Albania is a country in transition. After four decades of communist dictatorship, followed by a few years of social unrest in the 90s when the communist regime fell apart, and a 1997 rebellion that saw tanks patrolling the streets, Albania is now evolving into a capitalist-oriented, tourist-friendly place.

For dinner, we went to a beautiful stone restaurant that serves typical Albanian food. The owner approached us, wearing a white embroidered shirt, and red sash across his waist. “What do you want to eat – traditional?” Yes, we answered. And some Albanian wine, perhaps. We were expecting him to come back with some suggestions. But that was it. We never saw a menu or price list. We were never asked what we liked or didn’t like. First, some raki as an aperitif – mine cherry-flavored. Then some appetizers – stuffed grave vine leaves, fried cornbread, meat-filled pastry. Food just kept landing on the table. A selection of pickled vegetables; a dry, crumbling white cheese; flat bread; and meat of all kinds, grilled on the wood-fire oven. First wild boar sausage, then wild boar meat, then veal, then lamb. Each deliciously juicy. Every time the waiter deposited another item, he would say: “Good eat!” Best of all was an earthenware pot of a moist, soft cow’s cheese, boiled in oil and herbs and served hot.



The food was organic by default, the owner told us, because it all comes from the region, and farmers here can’t afford pesticides.
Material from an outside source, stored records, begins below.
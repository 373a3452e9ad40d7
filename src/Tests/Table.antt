-- ===== src/Tests/Table.antt =====
-- The device table at work.
use base_platform_zephyr_ble.Prelude.{
  ◌+◌, ◌%◌, ◌^◌, ◌≡◌, refl, not, none, some, ◌==◌, bytes_eq, arith,
}
use base_platform_zephyr_ble.DeviceTable.{
  Entry, is_reportable, record_reading, upsert, snapshot, mark_reported,
}
use base_platform_zephyr_ble.DeviceTable.Lookup.{lookup}
use base_platform_zephyr_ble.DeviceTable.Upsert.{Outcome, upsert-Outcome}
use base_platform_zephyr_ble.DeviceTable.Delivery.{acknowledge}
use base_platform_zephyr_ble.DeviceTable.Reported.{
  snapshot_acknowledged, reportable-upsert, mark_reported-upsert,
}
use base_platform_zephyr_ble.Tests.Fixtures.{
  two_slots, address_a, address_b, address_c, warm, heard, one_heard, full_table, one_heard-Inv,
  full_table-Inv,
}

-- The full table evicts address_b, which was heard last at 5 s.
upsert-Outcome_example :
    Outcome full_table address_c 190 warm 30 (upsert full_table address_c 190 warm 30)
upsert-Outcome_example =
    upsert-Outcome two_slots full_table address_c 190 warm 30 full_table-Inv (omega arith)

upsert_evicts : lookup (upsert full_table address_c 190 warm 30).entries address_b ≡ none
unfolding upsert bytes_eq
upsert_evicts = refl

abbrev reported : Entry
reported = record (heard address_a 10 1) { reported_seq = 1 }

snapshot_acknowledged_example :
    lookup (acknowledge full_table (snapshot two_slots full_table 20 2)).entries address_a
    ≡ some reported
unfolding bytes_eq
snapshot_acknowledged_example =
    snapshot_acknowledged two_slots full_table 20 address_a full_table-Inv

reportable-upsert_example :
    (e' : Entry) × (lookup (upsert one_heard address_a 190 warm 30).entries address_a ≡ some e')
    × (e'.reading ≡ warm)
    × (is_reportable two_slots 30 e'
        ≡ not (
            ((heard address_a 10 1).update_seq + 1) % 2 ^ 16
            == (heard address_a 10 1).reported_seq))
unfolding bytes_eq
reportable-upsert_example =
    reportable-upsert two_slots one_heard address_a 190 warm 30 (heard address_a 10 1) one_heard-Inv
      (omega arith) refl

mark_reported-upsert_example :
    lookup (mark_reported (upsert one_heard address_a 190 warm 30) address_a 1).entries address_a
    ≡ some (record_reading 190 warm 30 (heard address_a 10 1))
unfolding bytes_eq
mark_reported-upsert_example =
    mark_reported-upsert two_slots one_heard address_a 190 warm 30 (heard address_a 10 1)
      one_heard-Inv (omega arith) refl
After dinner, we sat with Gjon Dukgilaj, the owner, and discussed the history of the restaurant, Albania and religion. More raki and tea arrived. He broke walnuts for us to eat as we spoke. Then he showed us around the restaurant, where he has innumerable old artifacts – swords, a weaving loom, traditional Albanian costumes. It’s a bit of a museum actually and he’s a bit of an anthropologist. “You know,” he said in all seriousness, “we were the real Egyptians.”

His theory is that when the sands overtook Egypt in Pharoanic times and the land became uninhabitable, the people migrated to Albania and their descendents became the Illyrians, who once populated the Dalmatian coast. Only in Albania did the Illyrian language – and to some degree the people – survive invasions, colonization and occupations by the Greeks, Romans, Slavs and Ottomans.

So his theory is that the Albanians’ ancestors are Egyptians. His proof?

In the ancient Pharoanic language, there are words that have no translation in Albanian. Ra, for example, was the last Pharoanic king, and means “fallen” in Albanian – “It’s a purely Illyrian word”. The Albanian people near-worship the serpent, adorned by the foreheads of ancient Egyptians. Albanian women similarly wore it, routinely until the 1960s. Gjon (pronounced John) went so far as to say that the Albanian flag – commonly accepted as an eagle – is actually two serpent heads.



Besides, he said, no one knows the roots of the Albanian language, one of the oldest in Europe. Maybe the Egypt connection provides some answers. After all, it was an Albanian, Mohammad Ali Pasha, who founded Egypt.

We strolled back to the hotel past a group of loud teenagers. The door to the hotel was unlocked and there was no reception, no guard, nothing but a narrow staircase and the shitty little key to our room. We already felt more comfortable in Albania, but Richard jammed a table behind the door just in case.